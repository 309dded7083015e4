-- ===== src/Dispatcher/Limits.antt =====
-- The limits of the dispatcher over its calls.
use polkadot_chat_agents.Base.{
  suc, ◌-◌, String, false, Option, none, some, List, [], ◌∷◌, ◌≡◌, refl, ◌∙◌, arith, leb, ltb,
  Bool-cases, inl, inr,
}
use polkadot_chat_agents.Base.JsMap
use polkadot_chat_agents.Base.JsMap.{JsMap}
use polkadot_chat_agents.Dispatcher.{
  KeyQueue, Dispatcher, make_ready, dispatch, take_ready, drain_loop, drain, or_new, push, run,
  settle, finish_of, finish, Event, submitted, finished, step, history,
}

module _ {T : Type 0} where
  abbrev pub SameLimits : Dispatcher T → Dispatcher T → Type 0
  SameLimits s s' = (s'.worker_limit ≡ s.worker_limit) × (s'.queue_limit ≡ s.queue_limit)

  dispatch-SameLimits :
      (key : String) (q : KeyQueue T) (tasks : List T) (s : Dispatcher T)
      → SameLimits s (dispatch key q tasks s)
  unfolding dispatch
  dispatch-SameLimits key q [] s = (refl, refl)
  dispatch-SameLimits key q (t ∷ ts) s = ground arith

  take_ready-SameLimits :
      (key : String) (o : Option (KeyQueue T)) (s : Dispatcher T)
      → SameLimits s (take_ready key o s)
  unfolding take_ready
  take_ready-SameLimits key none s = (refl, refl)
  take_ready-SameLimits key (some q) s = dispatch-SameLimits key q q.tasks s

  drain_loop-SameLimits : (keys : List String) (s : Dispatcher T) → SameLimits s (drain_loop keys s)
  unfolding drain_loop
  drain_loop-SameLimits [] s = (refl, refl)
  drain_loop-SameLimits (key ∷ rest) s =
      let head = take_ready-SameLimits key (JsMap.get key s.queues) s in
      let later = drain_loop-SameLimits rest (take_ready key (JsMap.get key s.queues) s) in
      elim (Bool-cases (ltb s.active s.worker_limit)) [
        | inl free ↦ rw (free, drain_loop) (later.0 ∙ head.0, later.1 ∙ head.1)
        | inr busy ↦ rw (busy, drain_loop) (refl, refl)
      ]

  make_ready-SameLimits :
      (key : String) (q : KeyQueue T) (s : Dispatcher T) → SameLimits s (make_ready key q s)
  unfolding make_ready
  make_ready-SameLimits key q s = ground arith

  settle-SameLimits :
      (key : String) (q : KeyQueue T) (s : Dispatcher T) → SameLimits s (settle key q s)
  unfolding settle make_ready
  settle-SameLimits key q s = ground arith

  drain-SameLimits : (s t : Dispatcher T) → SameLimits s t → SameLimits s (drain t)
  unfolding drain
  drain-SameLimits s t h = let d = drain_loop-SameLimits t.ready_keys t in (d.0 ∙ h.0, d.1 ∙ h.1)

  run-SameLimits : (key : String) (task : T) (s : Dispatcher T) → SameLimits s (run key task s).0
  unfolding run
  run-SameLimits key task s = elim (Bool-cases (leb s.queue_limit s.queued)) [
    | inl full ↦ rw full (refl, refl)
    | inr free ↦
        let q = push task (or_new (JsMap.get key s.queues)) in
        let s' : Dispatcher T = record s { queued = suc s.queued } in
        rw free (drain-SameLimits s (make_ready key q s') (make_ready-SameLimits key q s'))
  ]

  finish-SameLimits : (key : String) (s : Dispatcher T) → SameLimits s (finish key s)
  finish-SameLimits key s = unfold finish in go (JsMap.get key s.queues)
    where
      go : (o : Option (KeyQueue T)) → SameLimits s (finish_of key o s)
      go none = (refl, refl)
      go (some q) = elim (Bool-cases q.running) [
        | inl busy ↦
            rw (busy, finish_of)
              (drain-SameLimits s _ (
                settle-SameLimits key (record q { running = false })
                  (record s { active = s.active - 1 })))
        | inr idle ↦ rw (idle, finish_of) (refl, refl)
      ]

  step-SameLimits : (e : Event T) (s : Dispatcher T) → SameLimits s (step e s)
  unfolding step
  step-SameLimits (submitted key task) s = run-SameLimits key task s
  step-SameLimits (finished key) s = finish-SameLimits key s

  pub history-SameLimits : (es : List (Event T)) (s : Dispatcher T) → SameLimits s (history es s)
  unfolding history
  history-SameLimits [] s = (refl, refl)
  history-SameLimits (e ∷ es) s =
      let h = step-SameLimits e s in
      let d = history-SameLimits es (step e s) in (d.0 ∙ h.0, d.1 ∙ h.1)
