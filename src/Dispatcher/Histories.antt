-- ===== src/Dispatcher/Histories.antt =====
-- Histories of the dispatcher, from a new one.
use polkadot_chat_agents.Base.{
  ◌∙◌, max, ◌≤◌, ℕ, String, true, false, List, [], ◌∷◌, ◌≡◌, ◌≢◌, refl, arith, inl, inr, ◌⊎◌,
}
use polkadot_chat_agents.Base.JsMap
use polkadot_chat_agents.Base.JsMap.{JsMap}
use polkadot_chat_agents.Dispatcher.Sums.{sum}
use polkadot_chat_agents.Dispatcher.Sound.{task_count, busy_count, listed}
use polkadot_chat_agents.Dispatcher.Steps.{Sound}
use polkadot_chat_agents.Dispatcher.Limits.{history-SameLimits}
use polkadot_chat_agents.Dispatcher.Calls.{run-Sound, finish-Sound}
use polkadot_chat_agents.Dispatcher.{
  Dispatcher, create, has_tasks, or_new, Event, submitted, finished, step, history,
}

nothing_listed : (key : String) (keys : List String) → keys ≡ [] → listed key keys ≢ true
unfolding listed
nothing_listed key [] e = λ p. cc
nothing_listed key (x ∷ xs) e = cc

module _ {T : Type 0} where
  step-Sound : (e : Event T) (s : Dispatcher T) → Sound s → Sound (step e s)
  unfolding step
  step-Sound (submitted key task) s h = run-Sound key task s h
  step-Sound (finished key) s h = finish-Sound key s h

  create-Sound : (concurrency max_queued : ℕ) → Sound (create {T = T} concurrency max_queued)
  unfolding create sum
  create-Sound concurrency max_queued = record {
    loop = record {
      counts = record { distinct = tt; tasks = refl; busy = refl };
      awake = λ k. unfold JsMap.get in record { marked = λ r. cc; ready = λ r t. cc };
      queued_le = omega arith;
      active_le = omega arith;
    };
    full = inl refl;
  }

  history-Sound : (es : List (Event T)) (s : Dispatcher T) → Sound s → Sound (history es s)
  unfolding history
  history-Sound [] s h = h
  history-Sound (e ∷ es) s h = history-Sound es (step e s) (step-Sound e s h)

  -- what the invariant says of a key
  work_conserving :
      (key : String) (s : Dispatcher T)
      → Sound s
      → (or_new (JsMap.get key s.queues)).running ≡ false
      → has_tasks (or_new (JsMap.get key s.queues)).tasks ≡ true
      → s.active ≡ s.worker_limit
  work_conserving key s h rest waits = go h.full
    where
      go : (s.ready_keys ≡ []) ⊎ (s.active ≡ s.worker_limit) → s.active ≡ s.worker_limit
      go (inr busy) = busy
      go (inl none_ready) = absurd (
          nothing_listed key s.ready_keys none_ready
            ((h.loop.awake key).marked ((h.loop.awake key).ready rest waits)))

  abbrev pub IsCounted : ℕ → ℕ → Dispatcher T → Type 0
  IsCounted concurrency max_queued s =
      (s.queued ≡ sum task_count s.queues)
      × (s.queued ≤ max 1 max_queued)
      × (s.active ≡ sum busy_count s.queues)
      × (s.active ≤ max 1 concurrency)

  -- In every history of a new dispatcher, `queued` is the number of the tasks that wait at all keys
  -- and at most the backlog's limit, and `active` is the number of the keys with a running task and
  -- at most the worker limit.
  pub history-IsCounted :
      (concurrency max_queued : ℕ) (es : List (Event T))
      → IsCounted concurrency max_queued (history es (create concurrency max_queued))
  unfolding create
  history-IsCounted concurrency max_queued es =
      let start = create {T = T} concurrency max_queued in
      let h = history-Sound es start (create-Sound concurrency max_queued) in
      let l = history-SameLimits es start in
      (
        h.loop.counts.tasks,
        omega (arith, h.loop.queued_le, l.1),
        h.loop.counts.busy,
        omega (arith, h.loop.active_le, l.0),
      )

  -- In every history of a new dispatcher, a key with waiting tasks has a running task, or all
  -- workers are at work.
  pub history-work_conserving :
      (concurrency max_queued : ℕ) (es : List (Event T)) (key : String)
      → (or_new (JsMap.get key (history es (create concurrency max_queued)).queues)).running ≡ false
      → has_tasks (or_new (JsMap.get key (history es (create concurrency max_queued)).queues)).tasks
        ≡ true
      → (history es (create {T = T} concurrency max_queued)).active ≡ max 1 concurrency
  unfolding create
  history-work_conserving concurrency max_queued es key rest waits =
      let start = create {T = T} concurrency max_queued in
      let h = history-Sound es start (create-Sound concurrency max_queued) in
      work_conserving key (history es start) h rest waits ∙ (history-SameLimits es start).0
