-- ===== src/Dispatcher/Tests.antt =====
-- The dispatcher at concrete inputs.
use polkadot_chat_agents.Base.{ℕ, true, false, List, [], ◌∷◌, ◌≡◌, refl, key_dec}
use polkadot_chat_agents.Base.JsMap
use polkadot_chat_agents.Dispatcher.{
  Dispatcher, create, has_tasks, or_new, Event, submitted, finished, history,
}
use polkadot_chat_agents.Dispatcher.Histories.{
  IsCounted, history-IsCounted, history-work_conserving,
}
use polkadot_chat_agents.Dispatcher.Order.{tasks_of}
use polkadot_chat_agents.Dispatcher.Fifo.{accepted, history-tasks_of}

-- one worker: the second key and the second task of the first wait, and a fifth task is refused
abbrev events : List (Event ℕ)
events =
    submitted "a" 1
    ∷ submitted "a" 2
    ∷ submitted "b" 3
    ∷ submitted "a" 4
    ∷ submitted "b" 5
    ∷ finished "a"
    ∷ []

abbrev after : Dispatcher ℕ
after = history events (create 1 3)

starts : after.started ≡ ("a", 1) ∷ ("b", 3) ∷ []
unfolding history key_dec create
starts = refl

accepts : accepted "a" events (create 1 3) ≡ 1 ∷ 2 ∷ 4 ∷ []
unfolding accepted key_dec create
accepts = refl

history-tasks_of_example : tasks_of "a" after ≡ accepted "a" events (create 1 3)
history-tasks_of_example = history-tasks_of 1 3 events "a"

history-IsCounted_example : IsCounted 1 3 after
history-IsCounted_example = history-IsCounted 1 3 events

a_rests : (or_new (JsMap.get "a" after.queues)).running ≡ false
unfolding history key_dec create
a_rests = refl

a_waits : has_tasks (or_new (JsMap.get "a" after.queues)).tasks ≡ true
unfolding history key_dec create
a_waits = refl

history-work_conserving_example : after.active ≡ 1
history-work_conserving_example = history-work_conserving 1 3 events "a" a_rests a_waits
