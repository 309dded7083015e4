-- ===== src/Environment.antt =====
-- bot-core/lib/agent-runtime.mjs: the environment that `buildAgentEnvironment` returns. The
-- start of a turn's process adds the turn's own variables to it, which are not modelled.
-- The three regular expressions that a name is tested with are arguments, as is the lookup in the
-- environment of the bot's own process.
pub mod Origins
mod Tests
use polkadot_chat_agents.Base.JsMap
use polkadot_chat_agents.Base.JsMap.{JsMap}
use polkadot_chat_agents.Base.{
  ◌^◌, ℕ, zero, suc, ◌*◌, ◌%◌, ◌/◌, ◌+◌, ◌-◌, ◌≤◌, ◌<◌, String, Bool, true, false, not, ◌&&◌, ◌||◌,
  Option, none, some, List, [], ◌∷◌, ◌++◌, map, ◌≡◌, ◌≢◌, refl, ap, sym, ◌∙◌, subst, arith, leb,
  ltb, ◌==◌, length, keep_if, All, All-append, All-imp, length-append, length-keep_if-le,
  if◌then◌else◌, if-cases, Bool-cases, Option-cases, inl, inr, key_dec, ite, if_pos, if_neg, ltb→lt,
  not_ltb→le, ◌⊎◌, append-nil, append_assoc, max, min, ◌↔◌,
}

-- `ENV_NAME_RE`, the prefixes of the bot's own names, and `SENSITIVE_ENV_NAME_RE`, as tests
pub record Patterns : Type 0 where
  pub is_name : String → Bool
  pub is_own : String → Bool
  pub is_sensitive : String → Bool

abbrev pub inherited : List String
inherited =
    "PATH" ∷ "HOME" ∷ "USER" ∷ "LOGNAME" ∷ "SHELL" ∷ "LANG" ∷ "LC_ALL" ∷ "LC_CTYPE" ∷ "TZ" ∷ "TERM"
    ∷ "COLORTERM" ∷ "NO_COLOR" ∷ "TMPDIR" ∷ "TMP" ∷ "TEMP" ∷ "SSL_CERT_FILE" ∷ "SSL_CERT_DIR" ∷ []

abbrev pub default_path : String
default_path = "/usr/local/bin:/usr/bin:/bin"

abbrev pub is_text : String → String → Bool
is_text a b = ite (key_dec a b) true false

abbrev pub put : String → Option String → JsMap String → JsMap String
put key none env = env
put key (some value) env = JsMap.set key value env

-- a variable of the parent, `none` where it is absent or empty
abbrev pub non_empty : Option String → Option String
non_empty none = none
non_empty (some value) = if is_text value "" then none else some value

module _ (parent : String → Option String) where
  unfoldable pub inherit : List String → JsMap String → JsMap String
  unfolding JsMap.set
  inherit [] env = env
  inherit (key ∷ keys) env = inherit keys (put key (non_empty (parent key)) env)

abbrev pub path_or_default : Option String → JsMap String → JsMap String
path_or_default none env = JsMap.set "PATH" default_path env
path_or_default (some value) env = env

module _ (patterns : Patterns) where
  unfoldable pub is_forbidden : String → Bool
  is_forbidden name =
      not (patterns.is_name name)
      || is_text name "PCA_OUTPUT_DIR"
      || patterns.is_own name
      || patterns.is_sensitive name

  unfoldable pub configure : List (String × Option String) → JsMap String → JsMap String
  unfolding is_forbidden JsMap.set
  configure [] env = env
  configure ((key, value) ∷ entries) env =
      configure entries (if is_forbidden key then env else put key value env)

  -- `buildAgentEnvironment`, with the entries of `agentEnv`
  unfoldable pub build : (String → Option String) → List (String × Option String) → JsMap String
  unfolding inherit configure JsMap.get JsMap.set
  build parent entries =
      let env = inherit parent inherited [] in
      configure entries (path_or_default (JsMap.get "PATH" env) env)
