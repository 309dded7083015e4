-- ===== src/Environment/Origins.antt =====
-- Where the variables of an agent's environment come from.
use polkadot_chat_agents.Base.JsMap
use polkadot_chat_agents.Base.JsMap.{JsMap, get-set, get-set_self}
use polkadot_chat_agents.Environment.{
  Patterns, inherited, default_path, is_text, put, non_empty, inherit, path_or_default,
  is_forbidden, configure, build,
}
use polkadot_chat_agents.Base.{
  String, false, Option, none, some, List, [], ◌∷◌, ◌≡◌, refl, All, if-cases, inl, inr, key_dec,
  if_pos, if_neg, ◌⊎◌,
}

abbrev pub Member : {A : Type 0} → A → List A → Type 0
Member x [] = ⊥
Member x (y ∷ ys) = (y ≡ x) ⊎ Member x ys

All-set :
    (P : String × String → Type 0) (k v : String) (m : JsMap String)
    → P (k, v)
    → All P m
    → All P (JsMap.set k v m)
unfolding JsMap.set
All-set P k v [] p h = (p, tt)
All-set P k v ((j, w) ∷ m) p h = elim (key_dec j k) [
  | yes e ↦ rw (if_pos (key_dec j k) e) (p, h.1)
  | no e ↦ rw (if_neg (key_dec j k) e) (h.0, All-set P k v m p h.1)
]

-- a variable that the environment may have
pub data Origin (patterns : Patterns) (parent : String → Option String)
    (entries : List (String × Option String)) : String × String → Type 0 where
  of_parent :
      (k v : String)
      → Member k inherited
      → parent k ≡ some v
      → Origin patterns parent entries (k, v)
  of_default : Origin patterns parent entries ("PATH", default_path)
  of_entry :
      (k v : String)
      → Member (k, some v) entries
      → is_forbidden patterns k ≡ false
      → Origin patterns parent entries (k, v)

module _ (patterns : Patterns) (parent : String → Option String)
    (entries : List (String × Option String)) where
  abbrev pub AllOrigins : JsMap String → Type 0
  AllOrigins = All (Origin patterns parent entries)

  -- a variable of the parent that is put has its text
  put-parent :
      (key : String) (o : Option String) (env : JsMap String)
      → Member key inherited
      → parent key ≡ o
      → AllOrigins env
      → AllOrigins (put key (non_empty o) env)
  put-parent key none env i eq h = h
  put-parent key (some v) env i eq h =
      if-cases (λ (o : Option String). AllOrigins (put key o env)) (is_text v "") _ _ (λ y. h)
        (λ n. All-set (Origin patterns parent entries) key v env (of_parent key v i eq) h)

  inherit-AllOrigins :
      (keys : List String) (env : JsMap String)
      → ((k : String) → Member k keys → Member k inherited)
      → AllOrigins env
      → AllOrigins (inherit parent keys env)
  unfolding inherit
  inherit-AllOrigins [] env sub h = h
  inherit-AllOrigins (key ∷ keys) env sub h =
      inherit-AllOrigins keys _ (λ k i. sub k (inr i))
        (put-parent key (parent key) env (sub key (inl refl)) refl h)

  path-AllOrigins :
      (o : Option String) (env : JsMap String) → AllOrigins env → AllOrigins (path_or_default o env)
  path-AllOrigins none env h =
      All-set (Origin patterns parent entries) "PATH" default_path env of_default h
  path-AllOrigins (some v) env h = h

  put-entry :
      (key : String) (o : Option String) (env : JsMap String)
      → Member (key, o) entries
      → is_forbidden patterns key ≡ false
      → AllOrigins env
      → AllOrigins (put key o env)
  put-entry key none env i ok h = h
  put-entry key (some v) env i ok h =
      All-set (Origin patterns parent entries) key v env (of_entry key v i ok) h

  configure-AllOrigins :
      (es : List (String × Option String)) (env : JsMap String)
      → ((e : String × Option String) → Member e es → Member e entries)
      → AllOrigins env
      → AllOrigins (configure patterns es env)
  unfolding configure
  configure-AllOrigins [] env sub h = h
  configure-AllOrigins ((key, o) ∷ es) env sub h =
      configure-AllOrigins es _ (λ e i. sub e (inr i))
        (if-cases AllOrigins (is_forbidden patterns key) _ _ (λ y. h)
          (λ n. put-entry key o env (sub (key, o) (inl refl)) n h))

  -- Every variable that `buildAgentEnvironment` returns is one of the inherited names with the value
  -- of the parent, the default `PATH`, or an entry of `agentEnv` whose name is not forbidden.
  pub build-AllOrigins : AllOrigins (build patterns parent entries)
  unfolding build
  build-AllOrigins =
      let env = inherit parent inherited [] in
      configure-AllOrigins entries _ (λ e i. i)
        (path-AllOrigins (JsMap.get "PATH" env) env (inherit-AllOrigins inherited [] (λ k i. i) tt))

──────────────────────────────

How to complete this task:
Identify each line in the entries with the word "head" and copy it.

Exercise solution:
      let head = take_ready-SameLimits key (JsMap.get key s.queues) s in
        | inl free ↦ rw (free, drain_loop) (later.0 ∙ head.0, later.1 ∙ head.1)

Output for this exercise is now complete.